Essas disposições contrárias à universidade são provenientes de uma cultura intelectual, forjada nos anos 70, especificamente através da Revue Philosophique, em que a posição do “intelectual livre”, ou seja, não universitário, exprimia um significado subversivo em relação à ordem filosófica e psicológica vigente na universidade. Os sorbonnards, como

foram chamados os filósofos espiritualistas como Elme Caro e Paul Janet, representavam o discurso oficial, contra o qual a nova psicologia experimental e fisiológica lutava. Nos anos 90, contudo, a filosofia e a psicologia universitárias passaram a ser ocupadas pelos psicólogos experimentais ou sociólogos evolucionistas, como Théodule Ribot e Alfred Espinas, mas o mesmo não ocorreu com os psicólogos sociais em razão da falta de credenciais acadêmicas.

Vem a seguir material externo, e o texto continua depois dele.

-- ===== src/Reconcile/CoreGroup/Meaning.antt =====
-- What the verdicts on the core group in agent/reconcile/cluster.go say.
use hyperv_control_plane.Prelude.{
  ℤ, ◌≡◌, ◌↔◌, refl, ap, ◌∙◌, Bool, true, false, not, ◌||◌, ◌&&◌, none, List, [], ◌∷◌, inl, inr,
  arith, exists, Bool-cases, contains, codes, to_lower, pos, negsuc, suc, zero, ◌==◌, ◌%◌, Text,
  if◌then◌else◌,
}
use hyperv_control_plane.Reconcile.CoreGroup.{
  ClusterGroup, ClusterCoreResource, ResourceKind, witness, identity, other, core_resource_kind,
  is_online, Down, flag, scan_down, is_empty, is_core_group, no_identity, state_unknown,
  witness_message, CoreMessage, witness_lost_vote, witness_majority_holds, witness_no_margin,
  core_group_message, core_group_problem, core_group_online,
}

-- The gate of the work on storage opens exactly when no problem of the core group is reported,
-- whatever resources and nodes the report is made from.
pub core_group_online-problem :
    (gs : List ClusterGroup) (rs : List ClusterCoreResource) (nodes : ℤ)
    → (core_group_online gs ≡ true) ↔ (core_group_problem gs rs nodes ≡ none)
unfolding core_group_online core_group_problem
core_group_online-problem [] rs nodes = ground arith
core_group_online-problem (g ∷ gs) rs nodes = elim (Bool-cases (is_core_group g)) [
  | inl a ↦ elim (Bool-cases (is_online g.state)) [
    | inl b ↦ rw (a, b) (ground arith)
    | inr b ↦ rw (a, b) (ground arith)
  ]
  | inr a ↦ rw a (core_group_online-problem gs rs nodes)
]

abbrev is_witness : ResourceKind → Bool
is_witness witness = true
is_witness identity = false
is_witness other = false

-- A resource that calls itself a witness, by its type or its name.
abbrev pub called_witness : ClusterCoreResource → Bool
called_witness r =
    contains (codes "witness") (to_lower r.resource_type)
    || contains (codes "witness") (to_lower r.name)

core_resource_kind-called :
    (r : ClusterCoreResource) → is_witness (core_resource_kind r) ≡ called_witness r
unfolding core_resource_kind
core_resource_kind-called r = ground arith

-- A resource that is down and a witness; and one that is down and is not.
abbrev pub lost_witness : ClusterCoreResource → Bool
lost_witness r = not (is_online r.state) && called_witness r

abbrev pub lost_more : ClusterCoreResource → Bool
lost_more r = not (is_online r.state) && not (called_witness r)

flag-witness :
    (k : ResourceKind) (d : Down) → (flag k d).witness_down ≡ (d.witness_down || is_witness k)
unfolding flag
flag-witness witness d = ground arith
flag-witness identity d = ground arith
flag-witness other d = ground arith

abbrev more : Down → Bool
more d = d.identity_down || d.other_down

flag-more : (k : ResourceKind) (d : Down) → more (flag k d) ≡ (more d || not (is_witness k))
unfolding flag
flag-more witness d = ground arith
flag-more identity d = ground arith
flag-more other d = ground arith

or_step : (b c rest : Bool) → ((b || c) || rest) ≡ (b || (if c then true else rest))
or_step b c rest = ground arith

scan_step :
    (r : ClusterCoreResource) (rs : List ClusterCoreResource) (d : Down) (b : Bool)
    → is_online r.state ≡ b
    → scan_down (r ∷ rs) d ≡ scan_down rs (if b then d else flag (core_resource_kind r) d)
unfolding scan_down
scan_step r rs d b e = ap (λ b. scan_down rs (if b then d else flag (core_resource_kind r) d)) e

scan_down-witness :
    (rs : List ClusterCoreResource) (d : Down)
    → (scan_down rs d).witness_down ≡ (d.witness_down || exists lost_witness rs)
unfolding scan_down
scan_down-witness [] d = ground arith
scan_down-witness (r ∷ rs) d = elim (Bool-cases (is_online r.state)) [
  | inl a ↦ ap (λ x. x.witness_down) (scan_step r rs d true a) ∙ scan_down-witness rs d ∙ rw a refl
  | inr a ↦
      ap (λ x. x.witness_down) (scan_step r rs d false a)
      ∙ scan_down-witness rs (flag (core_resource_kind r) d)
      ∙ ap (λ b. b || exists lost_witness rs)
          (flag-witness (core_resource_kind r) d
            ∙ ap (λ w. d.witness_down || w) (core_resource_kind-called r))
      ∙ rw a (or_step _ _ (exists lost_witness rs))
]

scan_down-more :
    (rs : List ClusterCoreResource) (d : Down)
    → more (scan_down rs d) ≡ (more d || exists lost_more rs)
unfolding scan_down
scan_down-more [] d = ground arith
scan_down-more (r ∷ rs) d = elim (Bool-cases (is_online r.state)) [
  | inl a ↦ ap (λ x. more x) (scan_step r rs d true a) ∙ scan_down-more rs d ∙ rw a refl
  | inr a ↦
      ap (λ x. more x) (scan_step r rs d false a)
      ∙ scan_down-more rs (flag (core_resource_kind r) d)
      ∙ ap (λ b. b || exists lost_more rs)
          (flag-more (core_resource_kind r) d
            ∙ ap (λ w. more d || not w) (core_resource_kind-called r))
      ∙ rw a (or_step _ _ (exists lost_more rs))
]

-- What a lost vote costs, by the number of nodes, where it is known: on an even number nothing is left
-- of the margin, on an odd one a majority holds.
abbrev pub lost_vote : Text → ℤ → CoreMessage
lost_vote state (negsuc n) = witness_lost_vote state
lost_vote state (pos zero) = witness_lost_vote state
lost_vote state (pos (suc n)) =
    if n % 2 == 0
    then witness_majority_holds state (pos (suc n))
    else witness_no_margin state (pos (suc n))

witness_message_lem :
    (state : Text) (nodes : ℤ) → witness_message state nodes ≡ lost_vote state nodes
unfolding witness_message
witness_message_lem state (negsuc n) = ground arith
witness_message_lem state (pos zero) = refl
witness_message_lem state (pos (suc n)) = ground arith

-- The message on a core group with a state speaks of a lost quorum vote just when some resource that
-- is down calls itself a witness, by its type or its name, and all that are down do; what it says of
-- the vote then depends on whether the number of nodes is even, odd or not known. In every other case
-- it says that the cluster has no identity on the network: also when no resource that is down is the
-- cluster's name or one of its addresses, and when no resource was read. Without a state it says that
-- neither is known.
pub core_group_message_lem :
    (state : Text) (rs : List ClusterCoreResource) (nodes : ℤ)
    → core_group_message state rs nodes ≡ (
        if is_empty state
        then state_unknown
        else if exists lost_witness rs && not (exists lost_more rs)
        then lost_vote state nodes
        else no_identity state)
unfolding core_group_message
core_group_message_lem state rs nodes =
    let none_down : Down = record {
      identity_down = false;
      witness_down = false;
      other_down = false;
    } in
    rw⁻¹ (witness_message_lem state nodes)
      (ground (arith, scan_down-witness rs none_down, scan_down-more rs none_down))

A crítica à especialização e a valorização de um público mais amplo pode ser associada, além da posição da psicologia social em relação às outras ciências sociais, ao modo como se deu a formação e a profissionalização dos psicólogos. Uma formação relativamente autodidata é possivelmente um fator importante dos autores “ecléticos”, caracterizados pelo ímpeto de aliar teorias sociais diversas. O repertório típico desses autores mistura teorias raciológicas, climáticas e culturalistas. O estilo de Taine, de Les origines de la France

contemporaine, pleno de referências literárias e de dramatização histórica, impregna essas

obras e as situam numa posição intermediária entre o pólo científico e o pólo literário, num período em que eles se opunham e que a figura do grand homme que Taine encarnava estava em extinção37. Os psicólogos sociais atingiam mais de 50 anos na década de 90 e, alheios aos centros de inovação controlada, traziam na bagagem o capital intelectual requerido pelo público não especialista; ao mesmo tempo, sobrevivendo como escritores de manuais escolares, de best-sellers, de artigos de jornal ou revista literária ou como professores em instituições privadas, seu destino estava determinado por esse mesmo público.